I was married very young and have three children, one who is only 7 weeks old. I remember getting married because I had a baby with him already and felt obliged. I started getting depressed with my situation when we had our son because he didn’t work and smoked a lot of marijuana. I tried to leave but always felt guilty and stayed. It’s been 10 years since then and things have got a lot better, he only smokes on weekends and is studying although he still has managed not to work most of our marriage. He is involved with the kids sports and is a good dad but I feel like the love is not really there. I want better for myself but still have huge struggles with guilt and I don’t want to upset our lives with the kids and his parents. When I say to him that I don’t know if I love him and I would rather be on my own and move on, he either talks of how I would be messing up the kids or he ignores me and says yes I do love him and stop being stupid. I could quite easily keep living like this and put up with a lot of crap like him spending money on drugs and being so selfish or I could leave and get over that hard greiving part and move on. I want to know if Im feeling like this because its been ten years and many marriages need to work harder to create love between them at that point or if I just don’t love him because of all this selfishness. I dont’ know if this makes sense but any advice would be useful.

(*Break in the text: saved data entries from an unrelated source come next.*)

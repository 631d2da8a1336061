-- ===== src/Link/Layer/Delivery.antt =====
-- What the layer passes up of repeated frames, and how long it repeats its own.
use dnp.Prelude.{
  ℕ, zero, suc, Bool, true, false, not, ◌&&◌, none, List, [], ◌∷◌, ◌≡◌, ◌≢◌, ◌↔◌, ◌⊎◌, inl, inr,
  refl, ap, ◌∙◌, ◌++◌, Bool-cases, arith,
}
use dnp.Link.Function.{LinkFunction, invalid}
use dnp.Link.Frame.{format_reset_link_states}
use dnp.Transport.Tx.{ITransportSegment}
use dnp.Link.Header.{LinkHeaderFields}
use dnp.Link.Context.{
  LinkContext, LinkConfig, Action, router_begin_transmit, upper_receive, post_send_result, reset,
  link_reset_transmit_wait, reset_link_wait, idle, tx_idle, tx_primary, queue_ack, queue_transmit,
  queue_reset_links, toggle_read_fcb, push_data_up, retry, start_response_timer,
  complete_send_operation, try_pending_pri, try_pending_sec, validate,
}
use dnp.Link.PriStates.{on_timeout, on_transmit_result, try_send_confirmed, try_send_unconfirmed}
use dnp.Link.SecStates.{on_confirmed_user_data, sec_on_transmit_result}
use dnp.Link.Layer.{
  expire_response_timer, on_response_timeout, on_tx_result, transmitted, try_start_transmission,
  try_start_keep_alive, try_start_segments, accept_frame, handle_frame, on_frame,
}

-- The data that was passed up, the last first.
abbrev pub received : List Action → List (List ℕ)
received [] = []
received (upper_receive userdata ∷ output) = userdata ∷ received output
received (_ ∷ output) = received output

module _ {S : Type 0} where
  received-queue_transmit :
      (buffer : List ℕ) (primary : Bool) (c : LinkContext S)
      → received (queue_transmit buffer primary c).output ≡ received c.output
  unfolding queue_transmit
  received-queue_transmit buffer primary c = ground arith

  queue_transmit-next_read_fcb :
      (buffer : List ℕ) (primary : Bool) (c : LinkContext S)
      → (queue_transmit buffer primary c).next_read_fcb ≡ c.next_read_fcb
  unfolding queue_transmit
  queue_transmit-next_read_fcb buffer primary c = ground arith

  -- Behind a confirmed frame the station in Reset is in Reset again once its reply is sent, and a further
  -- confirmed frame with the same FCB passes nothing up, in any context that expects the FCB that the
  -- first one left.
  pub confirmed_user_data_repeated :
      (fcb : Bool) (first again : List ℕ) (c d : LinkContext S)
      → d.next_read_fcb ≡ (on_confirmed_user_data reset fcb first c).0.next_read_fcb
      → (sec_on_transmit_result (on_confirmed_user_data reset fcb first c).1 ≡ reset)
        × (received (on_confirmed_user_data reset fcb again d).0.output ≡ received d.output)
  unfolding on_confirmed_user_data sec_on_transmit_result queue_ack toggle_read_fcb push_data_up
      queue_transmit
  confirmed_user_data_repeated fcb first again c d e = ground (arith, e)

-- A frame of the other kind of station, for the local address and from the remote one.
pub record ForUs {S : Type 0} (h : LinkHeaderFields) (c : LinkContext S) : Type 0 where
  pub online : c.is_online ≡ true
  pub other : h.is_from_master ≡ not c.config.is_master
  pub to_local : h.dest ≡ c.config.local_addr
  pub from_remote : h.src ≡ c.config.remote_addr

module _ {S : Type 0} (source : ITransportSegment S) where
  handled_function :
      (func : LinkFunction) (h : LinkHeaderFields) (userdata : List ℕ) (c : LinkContext S)
      → func ≢ invalid
      → (handle_frame source func h userdata c).1 ≡ true
  unfolding handle_frame
  handled_function invalid h userdata c ne = absurd (ne refl)
  handled_function _ h userdata c ne = refl

  accept_frame-ForUs :
      (now : ℕ) (h : LinkHeaderFields) (userdata : List ℕ) (c : LinkContext S)
      → ForUs h c
      → accept_frame source now h userdata c
        ≡ handle_frame source h.func h userdata (record c { last_message_timestamp = now })
  unfolding accept_frame validate
  accept_frame-ForUs now h userdata c f =
      ground (arith, f.online, f.other, f.to_local, f.from_remote)

  ForUs-cases :
      (now : ℕ) (h : LinkHeaderFields) (userdata : List ℕ) (c : LinkContext S)
      → ForUs h c ⊎ (accept_frame source now h userdata c ≡ (c, false))
  unfolding accept_frame validate
  ForUs-cases now h userdata c =
      elim (Bool-cases (c.is_online && validate h.is_from_master h.src h.dest c)) [
        | inl e ↦ inl (record {
          online = ground (arith, e);
          other = ground (arith, e);
          to_local = ground (arith, e);
          from_remote = ground (arith, e);
        })
        | inr e ↦ inr (ground (arith, e))
      ]

  on_frame-handled :
      (now : ℕ) (h : LinkHeaderFields) (userdata : List ℕ) (c : LinkContext S)
      → (on_frame source now h userdata c).1 ≡ (accept_frame source now h userdata c).1
  unfolding on_frame
  on_frame-handled now h userdata c =
      ground (arith, Bool-cases (accept_frame source now h userdata c).1)

  on_frame-refused :
      (now : ℕ) (h : LinkHeaderFields) (userdata : List ℕ) (c d : LinkContext S)
      → accept_frame source now h userdata c ≡ (d, false)
      → on_frame source now h userdata c ≡ (d, false)
  unfolding on_frame
  on_frame-refused now h userdata c d e = rw (e, on_frame) refl

  on_frame-unknown :
      (now : ℕ) (h : LinkHeaderFields) (userdata : List ℕ) (c : LinkContext S)
      → ForUs h c
      → h.func ≡ invalid
      → on_frame source now h userdata c ≡ (record c { last_message_timestamp = now }, false)
  unfolding handle_frame
  on_frame-unknown now h userdata c f i =
      let d = record c { last_message_timestamp = now } in
      on_frame-refused now h userdata c d (
        accept_frame-ForUs now h userdata c f
        ∙ ap (λ func. handle_frame source func h userdata d) i)

-- The layer handles a frame exactly when it is online, the frame is of the other kind of station,
-- for the local address and from the remote one, and the frame's function is known. A frame that
-- fails one of the first four changes nothing, whatever it carries, and one that fails only the last
-- changes nothing but the time of the last message.
pub on_frame_handled :
    {S : Type 0} (source : ITransportSegment S) (now : ℕ) (h : LinkHeaderFields) (userdata : List ℕ)
    (c : LinkContext S)
    → (((on_frame source now h userdata c).1 ≡ true) ↔ (ForUs h c × (h.func ≢ invalid)))
      × (¬ (ForUs h c) → on_frame source now h userdata c ≡ (c, false))
      × (ForUs h c
          → h.func ≡ invalid
          → on_frame source now h userdata c ≡ (record c { last_message_timestamp = now }, false))
on_frame_handled source now h userdata c = (
  (
    λ e. elim (ForUs-cases source now h userdata c) [
      | inl f ↦ (
        f,
        λ i.
            absurd
              (ground (arith, e, ap (λ x. x.1) (on_frame-unknown source now h userdata c f i))),
      )
      | inr r ↦
          absurd (ground (arith, e, ap (λ x. x.1) (on_frame-refused source now h userdata c c r)))
    ],
    λ both.
        on_frame-handled source now h userdata c
        ∙ ap (λ x. x.1) (accept_frame-ForUs source now h userdata c both.0)
        ∙ handled_function source h.func h userdata _ both.1,
  ),
  λ no. elim (ForUs-cases source now h userdata c) [
    | inl f ↦ absurd (no f)
    | inr r ↦ on_frame-refused source now h userdata c c r
  ],
  on_frame-unknown source now h userdata c,
)

-- The frame that resets the remote station, and n of them.
abbrev pub reset_frame : LinkConfig → List ℕ
reset_frame config = format_reset_link_states config.is_master config.remote_addr config.local_addr

unfoldable pub resets : ℕ → LinkConfig → List Action
resets zero config = []
resets (suc n) config = router_begin_transmit (reset_frame config) ∷ resets n config

-- The primary station waits for the reset's acknowledgement and has n retries left.
pub record Unanswered {S : Type 0} (n : ℕ) (c : LinkContext S) : Type 0 where
  pub waits : c.pri_state ≡ reset_link_wait
  pub timer : c.rsp_timeout_timer ≡ true
  pub retries : c.num_retry_remaining ≡ n
  pub free : c.tx_mode ≡ tx_idle
  pub no_pri : c.pending_pri_tx ≡ none
  pub no_sec : c.pending_sec_tx ≡ none
  pub no_keep_alive : c.keep_alive_timeout ≡ false

-- The repeated reset is on its way.
record Repeated {S : Type 0} (n : ℕ) (c : LinkContext S) : Type 0 where
  waits : c.pri_state ≡ link_reset_transmit_wait
  timer : c.rsp_timeout_timer ≡ false
  retries : c.num_retry_remaining ≡ n
  busy : c.tx_mode ≡ tx_primary
  no_pri : c.pending_pri_tx ≡ none
  no_sec : c.pending_sec_tx ≡ none
  no_keep_alive : c.keep_alive_timeout ≡ false

module _ {S : Type 0} (source : ITransportSegment S) where
  -- No reply comes: the timer expires, and the repeated frame is sent.
  abbrev pub repeat_reset : LinkContext S → LinkContext S
  repeat_reset c = on_tx_result source true (expire_response_timer source c)

  expire_response_timer-Repeated :
      (n : ℕ) (c : LinkContext S)
      → Unanswered (suc n) c
      → Repeated n (expire_response_timer source c)
  unfolding expire_response_timer on_response_timeout on_timeout retry queue_reset_links
      queue_transmit try_start_transmission try_start_keep_alive try_start_segments
      try_send_confirmed try_send_unconfirmed
  expire_response_timer-Repeated n c u = ground (arith, u)

  on_tx_result-Unanswered :
      (n : ℕ) (c : LinkContext S) → Repeated n c → Unanswered n (on_tx_result source true c)
  unfolding on_tx_result transmitted on_transmit_result start_response_timer try_pending_pri
      try_pending_sec try_start_transmission try_start_keep_alive try_start_segments
      try_send_confirmed try_send_unconfirmed
  on_tx_result-Unanswered n c u = ground (arith, u)

  repeat_reset-Unanswered :
      (n : ℕ) (c : LinkContext S) → Unanswered (suc n) c → Unanswered n (repeat_reset c)
  repeat_reset-Unanswered n c u = on_tx_result-Unanswered n _ (expire_response_timer-Repeated n c u)

  expire_response_timer-output :
      (n : ℕ) (c : LinkContext S)
      → Unanswered (suc n) c
      → ((expire_response_timer source c).output
          ≡ router_begin_transmit (reset_frame c.config) ∷ c.output)
        × ((expire_response_timer source c).config ≡ c.config)
  unfolding expire_response_timer on_response_timeout on_timeout retry queue_reset_links
      queue_transmit try_start_transmission try_start_keep_alive try_start_segments
      try_send_confirmed try_send_unconfirmed
  expire_response_timer-output n c u = ground (arith, u)

  on_tx_result-output :
      (n : ℕ) (c : LinkContext S)
      → Repeated n c
      → ((on_tx_result source true c).output ≡ c.output)
        × ((on_tx_result source true c).config ≡ c.config)
  unfolding on_tx_result transmitted on_transmit_result start_response_timer try_pending_pri
      try_pending_sec try_start_transmission try_start_keep_alive try_start_segments
      try_send_confirmed try_send_unconfirmed
  on_tx_result-output n c u = ground (arith, u)

  repeat_reset-output :
      (n : ℕ) (c : LinkContext S)
      → Unanswered (suc n) c
      → ((repeat_reset c).output ≡ router_begin_transmit (reset_frame c.config) ∷ c.output)
        × ((repeat_reset c).config ≡ c.config)
  repeat_reset-output n c u =
      let sent = expire_response_timer-output n c u in
      let done =
        on_tx_result-output n (expire_response_timer source c)
          (expire_response_timer-Repeated n c u) in
      (done.0 ∙ sent.0, done.1 ∙ sent.1)

  unfoldable pub repeat_resets : ℕ → LinkContext S → LinkContext S
  repeat_resets zero c = c
  repeat_resets (suc n) c = repeat_resets n (repeat_reset c)

  last_timeout :
      (c : LinkContext S)
      → Unanswered 0 c
      → let d = expire_response_timer source c in
        (d.pri_state ≡ idle)
        × (d.has_segments ≡ false)
        × (d.output ≡ post_send_result false ∷ c.output)
  unfolding expire_response_timer on_response_timeout on_timeout retry complete_send_operation
      try_start_transmission try_start_keep_alive try_start_segments try_send_confirmed
      try_send_unconfirmed
  last_timeout c u = ground (arith, u)

  resets-append :
      (n : ℕ) (config : LinkConfig) (output : List Action)
      → resets n config ++ (router_begin_transmit (reset_frame config) ∷ output)
        ≡ resets (suc n) config ++ output
  unfolding resets
  resets-append zero config output = refl
  resets-append (suc n) config output =
      ap (◌∷◌ (router_begin_transmit (reset_frame config))) (resets-append n config output)

  -- A primary station that waits for the acknowledgement of a reset, with n retries left, an idle
  -- transmitter and no keep-alive request: when no reply comes, it sends the frame that resets the
  -- remote station n more times, and nothing else, and the timeout behind them reports the failure
  -- and leaves it idle, without segments.
  pub repeat_resets-fails :
      (n : ℕ) (c : LinkContext S)
      → Unanswered n c
      → let d = expire_response_timer source (repeat_resets n c) in
        (d.pri_state ≡ idle)
        × (d.has_segments ≡ false)
        × (d.output ≡ post_send_result false ∷ (resets n c.config ++ c.output))
  unfolding repeat_resets resets
  repeat_resets-fails zero c u = last_timeout c u
  repeat_resets-fails (suc n) c u =
      let rest = repeat_resets-fails n (repeat_reset c) (repeat_reset-Unanswered n c u) in
      let sent = repeat_reset-output n c u in
      (
        rest.0,
        rest.1,
        rest.2
            ∙ ap (λ config. post_send_result false ∷ (resets n config ++ (repeat_reset c).output))
                sent.1
            ∙ ap (λ output. post_send_result false ∷ (resets n c.config ++ output)) sent.0
            ∙ ap (λ output. post_send_result false ∷ output) (resets-append n c.config c.output),
      )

You say you married a man you didn’t love because you had a baby with him. Then you went on to have two more despite your doubts, his unwillingness to support his family, his drug use, or your own unhappiness. When your husband tells you your concerns are stupid, you back off. You don’t insist on getting some counseling together and you don’t leave. Neither or you takes your threats seriously.
I’m worried that you have fallen into a pattern of codependency. Although his habit uses money that should go to the family and is killing his ambition as a breadwinner, you tolerate it. You resent his selfishness but feel guilty when you think about leaving.
The result is a marriage that leaves you feeling empty and sets a model of adulthood that isn’t healthy for growing kids. His drug use and your tolerance of it is modeling for your children that the use of illegal drugs is a normal and regular part of adult life. The two of you are modeling that a mother works to support the family while a father focusses on himself, and that marriage is full of bitterness and conflict. I have a guess that one reason you are writing to me now is that your children are getting old enough to notice and you want better for them when they are adults.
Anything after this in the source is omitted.